-------- Information supplied
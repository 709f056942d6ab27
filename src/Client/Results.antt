-- ===== src/Client/Results.antt =====
-- pkg/client/client.go: parseResult, and the result types of the operations.
use mcp_module.Common.{String, Option, none, some, List, ◌>>=◌}
use mcp_module.Json.{Value, Runtime, struct_of, list_of, find_field}
use mcp_module.Protocol.{RpcError, Response}
use mcp_module.Protocol.Content.{Tool, Resource, ResourceContent, Prompt, PromptMessage}
use mcp_module.Protocol.Codec.{decode_tool}
use mcp_module.Protocol.Codec.Catalog.{
  decode_resource, decode_content, decode_prompt, decode_message,
}

-- The error that an operation returns: the server's own, one of the client's, one of these behind a
-- prefix (fmt.Errorf with %w), or that of the context where no response has come in time.
pub data Failure : Type 0 where
  rpc : RpcError → Failure
  local : String → Failure
  wrapped : (prefix : String) → Failure → Failure
  unanswered : Failure

pub data Outcome {ℓ} (A : Type ℓ) : Type ℓ where
  received : A → Outcome A
  refused : Failure → Outcome A

unfoldable pub read_target {ℓ} : {A : Type ℓ} → Runtime → Value → Option A → Outcome A
read_target go v none = refused (local (go.unmarshal_error (some v)))
read_target go v (some a) = received a

unfoldable pub read_result {ℓ} :
    {A : Type ℓ} → Runtime → (Value → Option A) → Option Value → Outcome A
unfolding read_target
read_result go read none = refused (local "response has no result")
read_result go read (some v) = read_target go v (read v)

-- The function argument says how json.Unmarshal fills the target.
unfoldable pub parse_result {ℓ} : {A : Type ℓ} → Runtime → (Value → Option A) → Response → Outcome A
unfolding read_result
parse_result go read resp = elim resp.error [
  | some e ↦ refused (rpc e)
  | none ↦ read_result go read resp.result
]

unfoldable pub list_result {ℓ} :
    {A : Type ℓ} → String → (Value → Option A) → Value → Option (List A)
list_result name read v = do fs ← struct_of v; list_of read (find_field name fs)

-- listToolsResult, listResourcesResult, readResourceResult, listPromptsResult, getPromptResult.
unfoldable pub list_tools_result : Runtime → Value → Option (List Tool)
unfolding list_result
list_tools_result go = list_result "tools" (decode_tool go)

unfoldable pub list_resources_result : Value → Option (List Resource)
unfolding list_result
list_resources_result = list_result "resources" decode_resource

unfoldable pub read_resource_result : Value → Option (List ResourceContent)
unfolding list_result
read_resource_result = list_result "contents" decode_content

unfoldable pub list_prompts_result : Value → Option (List Prompt)
unfolding list_result
list_prompts_result = list_result "prompts" decode_prompt

unfoldable pub get_prompt_result : Value → Option (List PromptMessage)
unfolding list_result
get_prompt_result = list_result "messages" decode_message
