-- ===== src/Client/Exchange.antt =====
-- A client and a server joined: a request is written, read and dispatched by pkg/server, and its
-- response is written, read and handed to the client (the path of sendRequest when the server
-- answers at once, over a connection that carries each message).
use Prim.Native.String
use mcp_module.Common.{
  Bool, true, false, if◌then◌else◌, ◌≡◌, ℕ, ◌+◌, String, Option, none, some, ◌>>=◌,
}
use mcp_module.Common.Int.{pos, int_eq, fits_int64}
use mcp_module.Json.{Value, Any, int64, whole, is_absent, Runtime}
use mcp_module.I18n.{Translator}
use mcp_module.Protocol.{Result, ok, failed, Params, Request, Response, new_request}
use mcp_module.Protocol.Ids.{normalize_id}
use mcp_module.Protocol.Codec.{encode_request, decode_request, encode_response, decode_response}
use mcp_module.Server.Tables.{Tables}
use mcp_module.Server.Dispatch.{Reaction, reply, silent, panicked, handle_request}
use mcp_module.Client.Results.{local, unanswered, Outcome, received, refused}

-- Whether a normalized id is the key under which the client's request of that number is pending.
unfoldable pub is_key : ℕ → Any → Bool
is_key n (int64 z) = int_eq z (pos n)
is_key n _ = false

-- The body of the client's read loop, with one request pending.
unfoldable pub read_back : Runtime → ℕ → Option Response → Outcome Response
unfolding is_key normalize_id
read_back go n none = refused unanswered
read_back go n (some r) =
    if is_absent r.id
    then refused unanswered
    else if is_key n (normalize_id go r.id)
    then received r
    else refused unanswered

-- What the client gets of a reaction: nothing ever comes where there is no response.
unfoldable pub deliver : Runtime → ℕ → Reaction → Outcome Response
unfolding read_back
deliver go n (reply r) = read_back go n (encode_response r >>= decode_response go)
deliver go n silent = refused unanswered
deliver go n panicked = refused unanswered

-- The client's counter and the world of the server's handlers.
pub record Joined (W : Type 0) : Type 0 where
  pub next_id : ℕ
  pub world : W

-- A number within int64 that is exact as a float64.
pub record IsExact (go : Runtime) (n : ℕ) : Type 0 where
  pub nearest_same : go.nearest (pos n) ≡ whole (pos n)
  pub in_range : fits_int64 (pos n) ≡ true

module _ {W : Type 0} (go : Runtime) (translator : Translator) (s : Tables W) where
  unfoldable pub serve_read : ℕ → W → Option Request → W × Outcome Response
  serve_read n w none = (w, refused unanswered)
  serve_read n w (some req) =
      let (w', reaction) = handle_request go translator req s w in (w', deliver go n reaction)

  unfoldable pub serve_sent : ℕ → W → Option Value → W × Outcome Response
  unfolding serve_read
  serve_sent n w none =
      (w, refused (local (String.◌++◌ "failed to marshal request: " go.marshal_error)))
  serve_sent n w (some v) = serve_read n w (decode_request go v)

  unfoldable pub serve_one : ℕ → W → Result Request → W × Outcome Response
  unfolding serve_sent
  serve_one n w (failed m) = (w, refused (local (String.◌++◌ "failed to create request: " m)))
  serve_one n w (ok req) = serve_sent n w (encode_request req)

  unfoldable pub exchange : Joined W → String → Params → Joined W × Outcome Response
  unfolding serve_one
  exchange c method params =
      let id = c.next_id + 1 in
      let (w', o) = serve_one id c.world (new_request go (int64 (pos id)) method params) in
      (record { next_id = id; world = w' }, o)

  -- A line of the client to which it expects no response.
  unfoldable pub notify : Joined W → Option Value → Joined W
  unfolding serve_sent
  notify c line = record c { world = (serve_sent c.next_id c.world line).0 }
----------------
Exercise requirements
Out of the data above, give again only the lines starting at the one holding "-- prefix (fmt.Errorf" and ending at the one holding "refused : Failure → Outcome A", unchanged.

Answer section
-- prefix (fmt.Errorf with %w), or that of the context where no response has come in time.
pub data Failure : Type 0 where
  rpc : RpcError → Failure
  local : String → Failure
  wrapped : (prefix : String) → Failure → Failure
  unanswered : Failure

pub data Outcome {ℓ} (A : Type ℓ) : Type ℓ where
  received : A → Outcome A
  refused : Failure → Outcome A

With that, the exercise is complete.